Not really. Now instead of having to break the application, then break the kernel it's running under and then attack the VM host, you only have to attack the app and can then go directly at the VM host.
Unikernels just remove a whole security layer. May as well run the app as a user process on the host and forget the VM.
It depends on what you're securing and what the weakest link in your chain is. The assumption is that your app is doing something valuable (i.e. there is value in compromising the app, not just as a means of compromising the host).
Perhaps I should have phrased that differently, but you've reduced the attack surface for compromising your _app_ via the environment (instead of the environment via your app).
(big disclaimer: this is assuming Xen bugs are much more valuable than app bugs and someone with a Xen exploit won't be focusing on you.)
unikernels do not have to run in ring 0 although a lot of early ones did. You can run them in ring 2, and they probably never need ring 0 access after boot so there does not have to be any way to return.
Wrong. Cracking the app does not give you access to the VM host. These apps are running in a VM. There's no relationship at all between cracking the app and cracking VM host.

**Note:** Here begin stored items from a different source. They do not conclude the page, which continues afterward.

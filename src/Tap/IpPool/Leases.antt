-- ===== src/Tap/IpPool/Leases.antt =====
-- What the methods of the pool do to the leases.
use gvisor_tap_vsock.Base.{
  ◌-◌, ◌≡◌, refl, ◌⊎◌, inl, inr, arith, Option, none, some, [], ◌∷◌, Text, text_eq, lookup,
  KeysDistinct, lookup-insert, lookup-delete, ==_iff, Option-cases, insert-KeysDistinct,
  delete-KeysDistinct,
}
use gvisor_tap_vsock.GoNet.{GoNet, Ip, IpNet, IsAddress}
use gvisor_tap_vsock.Tap.IpPool.{
  IpPool, new_ip_pool, find_ip, free_host, assign, get_or_assign, reserve, release,
}
use gvisor_tap_vsock.Tap.IpPool.Search.{MacsDistinct, insert-MacsDistinct, delete-MacsDistinct}

-- One lease for an address, one address for a MAC address, and every key is an address.
pub record IsValid (net : GoNet) (p : IpPool) : Type 0 where
  pub keys : KeysDistinct p.leases
  pub macs : MacsDistinct p.leases
  pub addresses : (ip mac : Text) → lookup ip p.leases ≡ some mac → IsAddress net ip

pub new_ip_pool-IsValid : (net : GoNet) (base : IpNet) → IsValid net (new_ip_pool net base)
unfolding new_ip_pool lookup
new_ip_pool-IsValid net base = record { keys = tt; macs = tt; addresses = λ ip mac h. absurd (cc) }

-- Reserve keeps a pool valid if the MAC address holds no lease and the text of the address is read
-- back as that address, also if another MAC address holds it.
pub reserve-IsValid :
    (net : GoNet) (p : IpPool) (ip : Ip) (mac : Text)
    → IsValid net p
    → IsAddress net (net.ip_string ip)
    → find_ip mac p.leases ≡ none
    → IsValid net (reserve net p ip mac)
unfolding reserve
reserve-IsValid net p ip mac v named fresh = record {
  keys = insert-KeysDistinct (net.ip_string ip) mac p.leases v.keys;
  macs = insert-MacsDistinct (net.ip_string ip) mac p.leases fresh v.macs;
  addresses = λ j other h. ground (
    arith,
    lookup-insert (net.ip_string ip) j mac p.leases,
    ==_iff (net.ip_string ip) j,
    v.addresses j other,
  );
}

pub release-IsValid :
    (net : GoNet) (p : IpPool) (given : Text) → IsValid net p → IsValid net (release p given)
unfolding release
release-IsValid net p given v = go (find_ip given p.leases) refl
  where
    go : (o : Option Text) → find_ip given p.leases ≡ o → IsValid net (release p given)
    go none e = rw (e, release) v
    go (some []) e = rw (e, release) v
    go (some (c ∷ found)) e =
        rw (e, release)
          (record {
            keys = delete-KeysDistinct (c ∷ found) p.leases v.keys;
            macs = delete-MacsDistinct (c ∷ found) p.leases v.macs;
            addresses = λ j other h.
                ground (arith, lookup-delete (c ∷ found) j p.leases, v.addresses j other);
          })

module _ (net : GoNet) (p : IpPool) (mac : Text) where
  -- The three ways through GetOrAssign.
  pub get_or_assign_cases :
      ((ip : Text) × (find_ip mac p.leases ≡ some ip)
        × (get_or_assign net p mac ≡ (some (net.parse_ip ip), p)))
      ⊎ ((find_ip mac p.leases ≡ none)
          × ((free_host net p.base p.leases (p.count - 1) 1 ≡ none)
                × (get_or_assign net p mac ≡ (none, p))
              ⊎ ((ip : Ip) × (free_host net p.base p.leases (p.count - 1) 1 ≡ some ip)
                  × (get_or_assign net p mac ≡ (some ip, reserve net p ip mac)))))
  unfolding get_or_assign reserve
  get_or_assign_cases = elim (Option-cases (find_ip mac p.leases)) [
    | inr (ip, e) ↦ inl (ip, e, rw (e, get_or_assign))
    | inl e ↦ inr (
      e,
      elim (Option-cases (free_host net p.base p.leases (p.count - 1) 1)) [
        | inl f ↦ inl (f, rw (e, get_or_assign) (rw (f, assign)))
        | inr (ip, f) ↦ inr (ip, f, rw (e, get_or_assign) (rw (f, assign)))
      ],
    )
  ]
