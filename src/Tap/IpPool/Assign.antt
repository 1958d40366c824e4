-- ===== src/Tap/IpPool/Assign.antt =====
-- What GetOrAssign returns, and what it changes.
use gvisor_tap_vsock.Base.{
  ℕ, ◌-◌, ◌≤◌, ◌<◌, ◌≡◌, ap, ◌∙◌, ◌≢◌, inl, inr, ◌↔◌, arith, Option, none, some, Text, text_eq,
  lookup, lookup-insert, ==_iff, lookup-insert_self,
}
use native.Mathlib.Decide.{dec_lt}
use native.Mathlib.Nat.{le_antisymm}
use gvisor_tap_vsock.GoNet.{GoNet, Ip, HostsAreAddresses}
use gvisor_tap_vsock.Tap.IpPool.{IpPool, find_ip, get_or_assign, reserve}
use gvisor_tap_vsock.Tap.IpPool.Search.{
  Taken, lookup-find_ip, find_ip-ne-none, find_ip-eq_of_lookup, free_host-some, free_host-none,
  free_host-Taken,
}
use gvisor_tap_vsock.Tap.IpPool.Leases.{IsValid, reserve-IsValid, get_or_assign_cases}

module _ (net : GoNet) (p : IpPool) (mac : Text) (v : IsValid net p)
    (hosts : HostsAreAddresses net p.base) where
  -- Every branch of GetOrAssign keeps the pool valid.
  pub get_or_assign-IsValid : IsValid net (get_or_assign net p mac).1
  get_or_assign-IsValid = elim (get_or_assign_cases net p mac) [
    | inl (ip, found, e) ↦ rw e v
    | inr (fresh, inl (full, e)) ↦ rw e v
    | inr (fresh, inr (ip, free, e)) ↦
        let (n, l, u, at, vacant, below) =
          free_host-some net p.base p.leases (p.count - 1) 1 ip free in
        rw e (reserve-IsValid net p ip mac v (hosts n ip at) fresh)
  ]

  -- On a valid pool, the address that GetOrAssign returns is then leased to the MAC address that asked for it, and
  -- no lease that there was before is changed or lost.
  pub get_or_assign_leases :
      (ip : Ip)
      → (get_or_assign net p mac).0 ≡ some ip
      → (lookup (net.ip_string ip) (get_or_assign net p mac).1.leases ≡ some mac)
        × ((other owner : Text)
            → lookup other p.leases ≡ some owner
            → lookup other (get_or_assign net p mac).1.leases ≡ some owner)
  get_or_assign_leases ip r = elim (get_or_assign_cases net p mac) [
    | inl (t, found, e) ↦
        let same : net.parse_ip t ≡ ip = cc (ap (λ (x : Option Ip × IpPool). x.0) e) in
        let held = lookup-find_ip mac t p.leases v.keys found in
        rw (e, ← same, (v.addresses t mac held).0) (held, λ other owner h. h)
    | inr (fresh, inl (full, e)) ↦ absurd (cc (ap (λ (x : Option Ip × IpPool). x.0) e))
    | inr (fresh, inr (c, free, e)) ↦
        let same : c ≡ ip = cc (ap (λ (x : Option Ip × IpPool). x.0) e) in
        let (n, l, u, at, vacant, below) =
          free_host-some net p.base p.leases (p.count - 1) 1 c free in
        rw (e, ← same)
          (unfold reserve in
            (
              lookup-insert_self (net.ip_string c) mac p.leases,
              λ other owner h. ground (
                arith,
                lookup-insert (net.ip_string c) other mac p.leases,
                ==_iff (net.ip_string c) other,
              ),
            ))
  ]

  -- A MAC address that holds a lease gets that address, and the pool is left as it is.
  pub get_or_assign_held :
      (ip : Text)
      → lookup ip p.leases ≡ some mac
      → get_or_assign net p mac ≡ (some (net.parse_ip ip), p)
  get_or_assign_held ip h = elim (get_or_assign_cases net p mac) [
    | inl (t, found, e) ↦
        let same : t ≡ ip = cc (find_ip-eq_of_lookup mac ip p.leases v.macs h) in
        e ∙ ap (λ (x : Text). let r : Option Ip × IpPool = (some (net.parse_ip x), p) in r) same
    | inr (fresh, _) ↦ absurd (find_ip-ne-none mac ip p.leases h fresh)
  ]

  -- On a valid pool GetOrAssign fails exactly if the MAC address has no lease and each of the hosts
  -- 1 to count - 1 has no address or a leased one; the pool is then left as it is.
  pub get_or_assign_fails :
      (((get_or_assign net p mac).0 ≡ none) ↔ (
        ((ip : Text) → lookup ip p.leases ≢ some mac)
        × ((i : ℕ) → 1 ≤ i → i < p.count → Taken net p.base p.leases i)))
      × ((get_or_assign net p mac).0 ≡ none → (get_or_assign net p mac).1 ≡ p)
  get_or_assign_fails = elim (get_or_assign_cases net p mac) [
    | inl (t, found, e) ↦
        let held = lookup-find_ip mac t p.leases v.keys found in
        ((λ r. absurd (cc (result e)), λ h. absurd (h.0 t held)), λ r. state e)
    | inr (fresh, inl (full, e)) ↦ (
      (
        λ r. (
          λ ip h. find_ip-ne-none mac ip p.leases h fresh,
          λ i l u. free_host-none net p.base p.leases (p.count - 1) 1 full i l (omega arith),
        ),
        λ h. result e,
      ),
      λ r. state e,
    )
    | inr (fresh, inr (c, free, e)) ↦ (
      (
        λ r. absurd (cc (result e)),
        λ h. absurd (
            cc (
              free_host-Taken net p.base p.leases (p.count - 1) 1
                (λ k l u. h.1 k l (omega arith)))),
      ),
      λ r. absurd (cc (result e)),
    )
  ]
    where
      result :
          {r : Option Ip × IpPool} → get_or_assign net p mac ≡ r → (get_or_assign net p mac).0 ≡ r.0
      result e = ap (λ (x : Option Ip × IpPool). x.0) e

      state :
          {r : Option Ip × IpPool} → get_or_assign net p mac ≡ r → (get_or_assign net p mac).1 ≡ r.1
      state e = ap (λ (x : Option Ip × IpPool). x.1) e

  not_both :
      (n : ℕ) (ip : Ip)
      → net.host p.base n ≡ some ip
      → lookup (net.ip_string ip) p.leases ≡ none
      → ¬ Taken net p.base p.leases n
  not_both n ip at vacant (inl e) = cc
  not_both n ip at vacant (inr (c, e, held)) = let same : c ≡ ip = cc in held (rw same vacant)

  -- On a valid pool a MAC address without a lease gets the first host from 1 to count - 1 that is not
  -- taken, if there is one, the last address of the network included, and the
  -- address is reserved for it.
  pub get_or_assign_first :
      (n : ℕ) (ip : Ip)
      → find_ip mac p.leases ≡ none
      → 1 ≤ n
      → n < p.count
      → net.host p.base n ≡ some ip
      → lookup (net.ip_string ip) p.leases ≡ none
      → ((k : ℕ) → 1 ≤ k → k < n → Taken net p.base p.leases k)
      → get_or_assign net p mac ≡ (some ip, reserve net p ip mac)
  get_or_assign_first n ip fresh l u at vacant below = elim (get_or_assign_cases net p mac) [
    | inl (t, found, e) ↦ absurd (cc)
    | inr (_, inl (full, e)) ↦ absurd (
        not_both n ip at vacant
          (free_host-none net p.base p.leases (p.count - 1) 1 full n l (omega arith)))
    | inr (_, inr (c, free, e)) ↦
        let (m, l', u', at', vacant', below') =
          free_host-some net p.base p.leases (p.count - 1) 1 c free in
        let same_number : m ≡ n =
          le_antisymm
            (elim (dec_lt n m) [
              | yes h ↦ absurd (not_both n ip at vacant (below' n l h))
              | no h ↦ omega arith
            ])
            (elim (dec_lt m n) [
              | yes h ↦ absurd (not_both m c at' vacant' (below m l' h))
              | no h ↦ omega arith
            ]) in
        let same : c ≡ ip = cc in rw same at e
  ]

I believe what zlynx meant was that if you want to escalate from the VM to the host, you usually do that via the virtualised devices. On a normal system, your path (for a web service on Linux) would be:
App exploit (-> LSM breakout?) -> local to root escalation -> VM to host escalation via device.
Maybe I'm mistaken but it seems to me that the parent's argument was that running your app in a unikernal prevents another app from crapping all over it, ie: root escalation happened in an adjacent app and now your app is at risk.
It does move the hypervisor up a few levels of abstraction, which could be dangerous, but (more to the point) the benefit is isolation from other misbehaving apps.